- [TASK TO CARRY OUT]: Line by line, copy the data below exactly.

Collected data entries:
#####

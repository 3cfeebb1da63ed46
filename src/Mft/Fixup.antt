-- ===== src/Mft/Fixup.antt =====
-- `apply_update_sequence_fixup`: the last two bytes of each sector are checked against the update
-- sequence number and replaced from the update sequence array.
pub mod Total
pub mod Repairs
pub mod Restores
use file_recovery_engine.Prelude.{ℕ, zero, suc, ◌+◌, ◌-◌, ◌*◌, ◌/◌, ◌%◌, Bool, not, ◌||◌, List}
use file_recovery_engine.Prelude.{ltb, leb, ◌==◌, if◌then◌else◌, length, set}
use file_recovery_engine.Prelude.Outcome.{ok, err, panic, fail_if, ◌>>=◌, ◌>>◌}
use file_recovery_engine.Prelude.Checked.{saturating_mul}
use file_recovery_engine.Prelude.Bytes.{Bytes}
use file_recovery_engine.Mft.Types.{fixup_mismatch, invalid_update_sequence_array}
use file_recovery_engine.Mft.Fields.{Parsed, read_u16}

-- `fixed[offset..offset + 2].copy_from_slice(&value.to_le_bytes())`.
pub write_u16 : Bytes → ℕ → ℕ → Parsed Bytes
write_u16 fixed offset value =
    if leb (offset + 2) (length fixed)
    then ok (set (set fixed offset (value % 256)) (offset + 1) (value / 256 % 256))
    else panic

module _ (record_bytes : Bytes) (bytes_per_sector usa_offset usa_count sequence_number : ℕ) where
  -- The body of the loop, for one sector.
  pub fixup_sector : ℕ → Bytes → Parsed Bytes
  unfolding write_u16
  fixup_sector sector fixed = do
    let end_of_sector = saturating_mul sector bytes_per_sector
    fail_if (ltb end_of_sector 2 || ltb (length fixed) end_of_sector)
        (invalid_update_sequence_array usa_offset usa_count)
    let fixup_offset = end_of_sector - 2
    current_value ← read_u16 fixed fixup_offset
    fail_if (not (current_value == sequence_number))
        (fixup_mismatch (sector - 1) sequence_number current_value)
    replacement ← read_u16 record_bytes (usa_offset + sector * 2)
    write_u16 fixed fixup_offset replacement

  -- `for sector in 1..usa_count`, at `sector` with `left` rounds to go.
  pub fixup_loop : ℕ → ℕ → Bytes → Parsed Bytes
  unfolding fixup_sector
  fixup_loop zero sector fixed = ok fixed
  fixup_loop (suc left) sector fixed = fixup_sector sector fixed >>= fixup_loop left (sector + 1)

unfoldable pub apply_update_sequence_fixup : Bytes → ℕ → Parsed Bytes
unfolding fixup_loop
apply_update_sequence_fixup record_bytes bytes_per_sector = do
  usa_offset ← read_u16 record_bytes 0x04
  usa_count ← read_u16 record_bytes 0x06
  fail_if (usa_count == 0) (invalid_update_sequence_array usa_offset 0)
  let usa_bytes = saturating_mul usa_count 2
  fail_if (ltb (length record_bytes) (usa_offset + usa_bytes))
      (invalid_update_sequence_array usa_offset usa_count)
  sequence_number ← read_u16 record_bytes usa_offset
  fixup_loop record_bytes bytes_per_sector usa_offset usa_count sequence_number (usa_count - 1) 1
      record_bytes
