-- ===== src/Mft/Words.antt =====
-- Two bytes as a little-endian word: what `read_u16` returns, byte by byte.
use file_recovery_engine.Prelude.{
  ℕ, zero, suc, ◌+◌, ◌-◌, ◌*◌, ◌/◌, ◌%◌, ◌≤◌, ◌<◌, ◌≡◌, refl, ◌∙◌, sym, ap, arith, some, [], ◌∷◌,
  All, All-get_elem?,
}
use file_recovery_engine.Prelude.{length, get_elem?, take, drop}
use file_recovery_engine.Prelude.Outcome.{ok, ok-injective}
use file_recovery_engine.Prelude.Bytes.{Bytes, IsByte, get_range, from_le}
use file_recovery_engine.Mft.Fields.{read_u16}
use mathlib.Core.Option.{some-injective}
use mathlib.Core.Path.{ap₂}

take_two :
    (bytes : Bytes) (offset x y : ℕ)
    → get_elem? bytes offset ≡ some x
    → get_elem? bytes (suc offset) ≡ some y
    → (take 2 (drop offset bytes) ≡ x ∷ y ∷ []) × (offset + 2 ≤ length bytes)
take_two [] offset x y hx hy = absurd (cc)
take_two (a ∷ []) zero x y hx hy = absurd (cc)
take_two (a ∷ b ∷ bytes) zero x y hx hy =
    (ap₂ (λ s t. s ∷ t ∷ []) (some-injective a x hx) (some-injective b y hy), omega arith)
take_two (a ∷ bytes) (suc offset) x y hx hy =
    let (same, size) = take_two bytes offset x y hx hy in (same, omega arith)

pub two_bytes :
    (bytes : Bytes) (offset : ℕ)
    → offset + 2 ≤ length bytes
    → (x : ℕ) × (y : ℕ) × (get_elem? bytes offset ≡ some x)
      × (get_elem? bytes (suc offset) ≡ some y)
two_bytes [] offset h = absurd (omega arith)
two_bytes (a ∷ []) zero h = absurd (omega arith)
two_bytes (a ∷ b ∷ bytes) zero h = (a, b, refl, refl)
two_bytes (a ∷ bytes) (suc offset) h = two_bytes bytes offset (omega arith)

-- A word is read from two bytes that are there.
pub read_u16_of :
    (bytes : Bytes) (offset x y : ℕ)
    → get_elem? bytes offset ≡ some x
    → get_elem? bytes (suc offset) ≡ some y
    → read_u16 bytes offset ≡ ok (x + 256 * y)
unfolding read_u16 get_range from_le
read_u16_of bytes offset x y hx hy =
    let (pair, size) = take_two bytes offset x y hx hy in
    let two : offset + 2 - offset ≡ 2 = omega arith in ground (arith, pair, two)

-- The two bytes of a word that was read.
pub read_u16_parts :
    (bytes : Bytes) (offset : ℕ) {v : ℕ}
    → All IsByte bytes
    → read_u16 bytes offset ≡ ok v
    → (get_elem? bytes offset ≡ some (v % 256))
      × (get_elem? bytes (suc offset) ≡ some (v / 256 % 256))
      × (offset + 2 ≤ length bytes)
unfolding read_u16 get_range
read_u16_parts bytes offset {v} h e =
    let size : offset + 2 ≤ length bytes = ground arith in
    let (x, y, hx, hy) = two_bytes bytes offset size in
    let whole : x + 256 * y ≡ v = ok-injective (sym (read_u16_of bytes offset x y hx hy) ∙ e) in
    let small_x : x < 256 = All-get_elem? IsByte bytes offset h hx in
    let small_y : y < 256 = All-get_elem? IsByte bytes (suc offset) h hy in
    (hx ∙ ap some (omega arith), hy ∙ ap some (omega arith), size)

#####

- [ANSWER TO THE EXERCISE]:
repository 3cfeebb1da63ed46
filename src/Mft/Fixup.antt
-- ===== src/Mft/Fixup.antt =====
-- `apply_update_sequence_fixup`: the last two bytes of each sector are checked against the update
-- sequence number and replaced from the update sequence array.
pub mod Total
pub mod Repairs
pub mod Restores
use file_recovery_engine.Prelude.{ℕ, zero, suc, ◌+◌, ◌-◌, ◌*◌, ◌/◌, ◌%◌, Bool, not, ◌||◌, List}
use file_recovery_engine.Prelude.{ltb, leb, ◌==◌, if◌then◌else◌, length, set}
use file_recovery_engine.Prelude.Outcome.{ok, err, panic, fail_if, ◌>>=◌, ◌>>◌}
use file_recovery_engine.Prelude.Checked.{saturating_mul}
use file_recovery_engine.Prelude.Bytes.{Bytes}
use file_recovery_engine.Mft.Types.{fixup_mismatch, invalid_update_sequence_array}
use file_recovery_engine.Mft.Fields.{Parsed, read_u16}

-- `fixed[offset..offset + 2].copy_from_slice(&value.to_le_bytes())`.
pub write_u16 : Bytes → ℕ → ℕ → Parsed Bytes
write_u16 fixed offset value =
    if leb (offset + 2) (length fixed)
    then ok (set (set fixed offset (value % 256)) (offset + 1) (value / 256 % 256))
    else panic

module _ (record_bytes : Bytes) (bytes_per_sector usa_offset usa_count sequence_number : ℕ) where
  -- The body of the loop, for one sector.
  pub fixup_sector : ℕ → Bytes → Parsed Bytes
  unfolding write_u16
  fixup_sector sector fixed = do
    let end_of_sector = saturating_mul sector bytes_per_sector
    fail_if (ltb end_of_sector 2 || ltb (length fixed) end_of_sector)
        (invalid_update_sequence_array usa_offset usa_count)
    let fixup_offset = end_of_sector - 2
    current_value ← read_u16 fixed fixup_offset
    fail_if (not (current_value == sequence_number))
        (fixup_mismatch (sector - 1) sequence_number current_value)
    replacement ← read_u16 record_bytes (usa_offset + sector * 2)
    write_u16 fixed fixup_offset replacement

  -- `for sector in 1..usa_count`, at `sector` with `left` rounds to go.
  pub fixup_loop : ℕ → ℕ → Bytes → Parsed Bytes
  unfolding fixup_sector
  fixup_loop zero sector fixed = ok fixed
  fixup_loop (suc left) sector fixed = fixup_sector sector fixed >>= fixup_loop left (sector + 1)

unfoldable pub apply_update_sequence_fixup : Bytes → ℕ → Parsed Bytes
unfolding fixup_loop
apply_update_sequence_fixup record_bytes bytes_per_sector = do
  usa_offset ← read_u16 record_bytes 0x04
  usa_count ← read_u16 record_bytes 0x06
  fail_if (usa_count == 0) (invalid_update_sequence_array usa_offset 0)
  let usa_bytes = saturating_mul usa_count 2
  fail_if (ltb (length record_bytes) (usa_offset + usa_bytes))
      (invalid_update_sequence_array usa_offset usa_count)
  sequence_number ← read_u16 record_bytes usa_offset
  fixup_loop record_bytes bytes_per_sector usa_offset usa_count sequence_number (usa_count - 1) 1
      record_bytes
-- ===== src/Mft/Words.antt =====
-- Two bytes as a little-endian word: what `read_u16` returns, byte by byte.
use file_recovery_engine.Prelude.{
  ℕ, zero, suc, ◌+◌, ◌-◌, ◌*◌, ◌/◌, ◌%◌, ◌≤◌, ◌<◌, ◌≡◌, refl, ◌∙◌, sym, ap, arith, some, [], ◌∷◌,
  All, All-get_elem?,
}
use file_recovery_engine.Prelude.{length, get_elem?, take, drop}
use file_recovery_engine.Prelude.Outcome.{ok, ok-injective}
use file_recovery_engine.Prelude.Bytes.{Bytes, IsByte, get_range, from_le}
use file_recovery_engine.Mft.Fields.{read_u16}
use mathlib.Core.Option.{some-injective}
use mathlib.Core.Path.{ap₂}

take_two :
    (bytes : Bytes) (offset x y : ℕ)
    → get_elem? bytes offset ≡ some x
    → get_elem? bytes (suc offset) ≡ some y
    → (take 2 (drop offset bytes) ≡ x ∷ y ∷ []) × (offset + 2 ≤ length bytes)
take_two [] offset x y hx hy = absurd (cc)
take_two (a ∷ []) zero x y hx hy = absurd (cc)
take_two (a ∷ b ∷ bytes) zero x y hx hy =
    (ap₂ (λ s t. s ∷ t ∷ []) (some-injective a x hx) (some-injective b y hy), omega arith)
take_two (a ∷ bytes) (suc offset) x y hx hy =
    let (same, size) = take_two bytes offset x y hx hy in (same, omega arith)

pub two_bytes :
    (bytes : Bytes) (offset : ℕ)
    → offset + 2 ≤ length bytes
    → (x : ℕ) × (y : ℕ) × (get_elem? bytes offset ≡ some x)
      × (get_elem? bytes (suc offset) ≡ some y)
two_bytes [] offset h = absurd (omega arith)
two_bytes (a ∷ []) zero h = absurd (omega arith)
two_bytes (a ∷ b ∷ bytes) zero h = (a, b, refl, refl)
two_bytes (a ∷ bytes) (suc offset) h = two_bytes bytes offset (omega arith)

-- A word is read from two bytes that are there.
pub read_u16_of :
    (bytes : Bytes) (offset x y : ℕ)
    → get_elem? bytes offset ≡ some x
    → get_elem? bytes (suc offset) ≡ some y
    → read_u16 bytes offset ≡ ok (x + 256 * y)
unfolding read_u16 get_range from_le
read_u16_of bytes offset x y hx hy =
    let (pair, size) = take_two bytes offset x y hx hy in
    let two : offset + 2 - offset ≡ 2 = omega arith in ground (arith, pair, two)

-- The two bytes of a word that was read.
pub read_u16_parts :
    (bytes : Bytes) (offset : ℕ) {v : ℕ}
    → All IsByte bytes
    → read_u16 bytes offset ≡ ok v
    → (get_elem? bytes offset ≡ some (v % 256))
      × (get_elem? bytes (suc offset) ≡ some (v / 256 % 256))
      × (offset + 2 ≤ length bytes)
unfolding read_u16 get_range
read_u16_parts bytes offset {v} h e =
    let size : offset + 2 ≤ length bytes = ground arith in
    let (x, y, hx, hy) = two_bytes bytes offset size in
    let whole : x + 256 * y ≡ v = ok-injective (sym (read_u16_of bytes offset x y hx hy) ∙ e) in
    let small_x : x < 256 = All-get_elem? IsByte bytes offset h hx in
    let small_y : y < 256 = All-get_elem? IsByte bytes (suc offset) h hy in
    (hx ∙ ap some (omega arith), hy ∙ ap some (omega arith), size)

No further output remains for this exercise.